# Patent: Dual internal teleconverter telephoto lens.



## Canon Rumors Guy (May 13, 2019)

> Is this the next evolution of the Canon EF 200-400mm f/4L IS USM 1.4x? Here is a patent showing a dual teleconverter Canon telephoto prime, an EF 400mm f/5.6.
> What’s cool about the dual teleconverters, is one is a focal length reducer, so you get the EF 400mm f/5.6 and the built-in focal length reducer converter brings the lens to an EF 300mm f/4, or at the other end, a 560mm f/8 lens.
> There has long been a desire for a replacement to the classic Canon EF 400mm f/5.6L, even if Canon just added image stabilization, but this is definitely a unique direction to take the lens on Canon’s part.
> *Japan Patent Application 2019-70689 summary:*
> ...



Continue reading...


----------



## mb66energy (May 13, 2019)

Would be a funny being! But after taking some time to look at it: A very interesting idea if you look how well the converters work with different lenses - two integrated (in terms of optical design) integrated adapters might be a three-focal-length lens with the excellent IQ of the best primes ... in one package.


----------



## [email protected] (May 13, 2019)

Good innovation Canon and despite any Sony Home bouys tell themselves Canon nor Nikon are finished in the photography business


----------



## snoke (May 13, 2019)

What T-stops for lens?


----------



## snoke (May 13, 2019)

This first patent lens.
Second patent lens:

500/f4
700/f5.6
360/f2.8


----------



## DragosP (May 13, 2019)

What I would like to see, is something similar to *Nikon 500mm f/5.6E PF*....


----------



## awair (May 13, 2019)

I would have “settled” for a 400/2.8 with 1.4x builtin, as a replacement for my 400 mk II. The 200-400 is too slow for some of the events I cover.

If a reducer could be added, enabling 280(?) f/2, that would be absolutely mind-blowing!

$20k or thereabouts, but worth every penny...


----------



## 3serious (May 13, 2019)

This multi-converter lens is cool and all, but I'd much rather see something like a sub-$10k 600mm f/5.6 for us enthusiast mortals who live down here on Earth, and don't want a zoom sigma 150-600 f/6.3


----------



## AlanF (May 13, 2019)

3serious said:


> This multi-converter lens is cool and all, but I'd much rather see something like a sub-$10k 600mm f/5.6 for us enthusiast mortals who live down here on Earth, and don't want a zoom sigma 150-600 f/6.3


A sub $4k 500mm f/5.6 would be my preferred choice for two reasons.
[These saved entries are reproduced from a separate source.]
-- ===== src/Faye/Subscribe/Stable.antt =====
-- What requests for subscriptions keep.
use matrix_groupme_bridge.Prelude.{
  ℕ, zero, suc, ◌≡◌, refl, String, List, [], ◌∷◌, ◌++◌, Option, none, some, Result, ok, err, done,
  panics, unfinished, Ends, Keeps, Keeps-bind, Keeps-pure, Keeps-if, Bool-cases, Option-cases, inl,
  inr, get_elem?, Outcome,
}
use matrix_groupme_bridge.Faye.Message.{Message}
use matrix_groupme_bridge.Faye.Transport.{Net}
use matrix_groupme_bridge.Faye.Client.{Subscription, ping_poll_task, Sys}
use matrix_groupme_bridge.Faye.Client.Stable.{
  Stable, send-Keeps, send_only-Keeps, current_transport-Keeps,
}
use matrix_groupme_bridge.Faye.Subscribe.{
  subscription_at, subscribe_reply, after_send_only, request_subscription, until_subscribed,
}

module _ (net : Net) (P : Sys net → Type 0) (stable : Stable net P) (i : ℕ)
    (pinged : (s : Sys net) (sub : Subscription)
      → get_elem? s.subs i ≡ some sub
      → P s
      → P (record s { spawned = s.spawned ++ ping_poll_task i ∷ [] })) where
  pub subscription_at-Keeps : Keeps P (subscription_at net i)
  unfolding subscription_at
  subscription_at-Keeps = record {
    at = λ s h. elim (Option-cases (get_elem? s.subs i)) [
      | inl e ↦ rw (e, subscription_at) tt
      | inr (sub, e) ↦ rw (e, subscription_at) h
    ];
  }

  subscribe_reply-Keeps : (r : Result (Message × List Message)) → Keeps P (subscribe_reply net r)
  unfolding subscribe_reply
  subscribe_reply-Keeps (err e) = Keeps-pure _
  subscribe_reply-Keeps (ok (response, ms)) = record {
    at = λ s h. stable.advised s response.advice h;
  }

  after_send_only-Keeps : (e : Option String) → Keeps P (after_send_only net i e)
  unfolding after_send_only
  after_send_only-Keeps (some e) = record { at = λ s h. h }
  after_send_only-Keeps none = record {
    at = λ s h. elim (Option-cases (get_elem? s.subs i)) [
      | inl e ↦ rw (e, after_send_only) tt
      | inr (sub, e) ↦
          rw (e, after_send_only)
            (elim (Bool-cases sub.polling) [
              | inl busy ↦ rw busy h
              | inr free ↦ rw free (pinged s sub e h)
            ])
    ];
  }

  pub request_subscription-Keeps : Keeps P (request_subscription net i)
  unfolding request_subscription
  request_subscription-Keeps = record {
    at = λ s h.
        (Keeps-bind _ _ subscription_at-Keeps λ sub.
            Keeps-bind _ _ (current_transport-Keeps net P stable) λ t.
              Keeps-if _ _ _ (Keeps-bind _ _ (send_only-Keeps net P stable _) after_send_only-Keeps)
                (Keeps-bind _ _ (send-Keeps net P stable _) subscribe_reply-Keeps)).at
          s h;
  }

  pub until_subscribed-Keeps : (fuel : ℕ) → Keeps P (until_subscribed net fuel i)
  unfolding until_subscribed
  until_subscribed-Keeps zero = record { at = λ s h. tt }
  until_subscribed-Keeps (suc fuel) = record {
    at = λ s h.
        round s (request_subscription net i s) refl (request_subscription-Keeps.at s h)
          (until_subscribed-Keeps fuel);
  }
    where
      round :
          (s : Sys net) (o : Outcome (Sys net) (Option String))
          → request_subscription net i s ≡ o
          → Ends (λ _ u. P u) o
          → Keeps P (until_subscribed net fuel i)
          → Ends (λ _ u. P u) (until_subscribed net (suc fuel) i s)
      round s (done none u) e h k = rw (e, until_subscribed) h
      round s (done (some x) u) e h k = rw (e, until_subscribed) (k.at _ (stable.elsewhere u _ h))
      round s (panics p) e h k = rw (e, until_subscribed) tt
      round s unfinished e h k = rw (e, until_subscribed) tt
First, weight and secondly wider field of view, and 500mm would help keep the price down.


----------



## unfocused (May 13, 2019)

Not sure I get the point of this lens. Same focal length and aperture as the 100-400 which takes a 1.4 converter very nicely. I suppose a fixed focal length and matched teleconverter might be marginally sharper, but not sure it would be visibly sharper in real world use. Such a lens might be lighter than the zoom, but it would also be longer. Too long to fit in my camera bag. It would make more sense if this were an R lens. Shorter, lighter, maybe faster focus and something different to excite people.


----------



## vangelismm (May 13, 2019)

Ok, just give me 50mm that becomes 70mm and 35mm.


----------



## 3serious (May 13, 2019)

vangelismm said:


> Ok, just give me 50mm that becomes 70mm and 35mm.


24-70 2.8 yo


----------



## mb66energy (May 13, 2019)

vangelismm said:


> Ok, just give me 50mm that becomes 70mm and 35mm.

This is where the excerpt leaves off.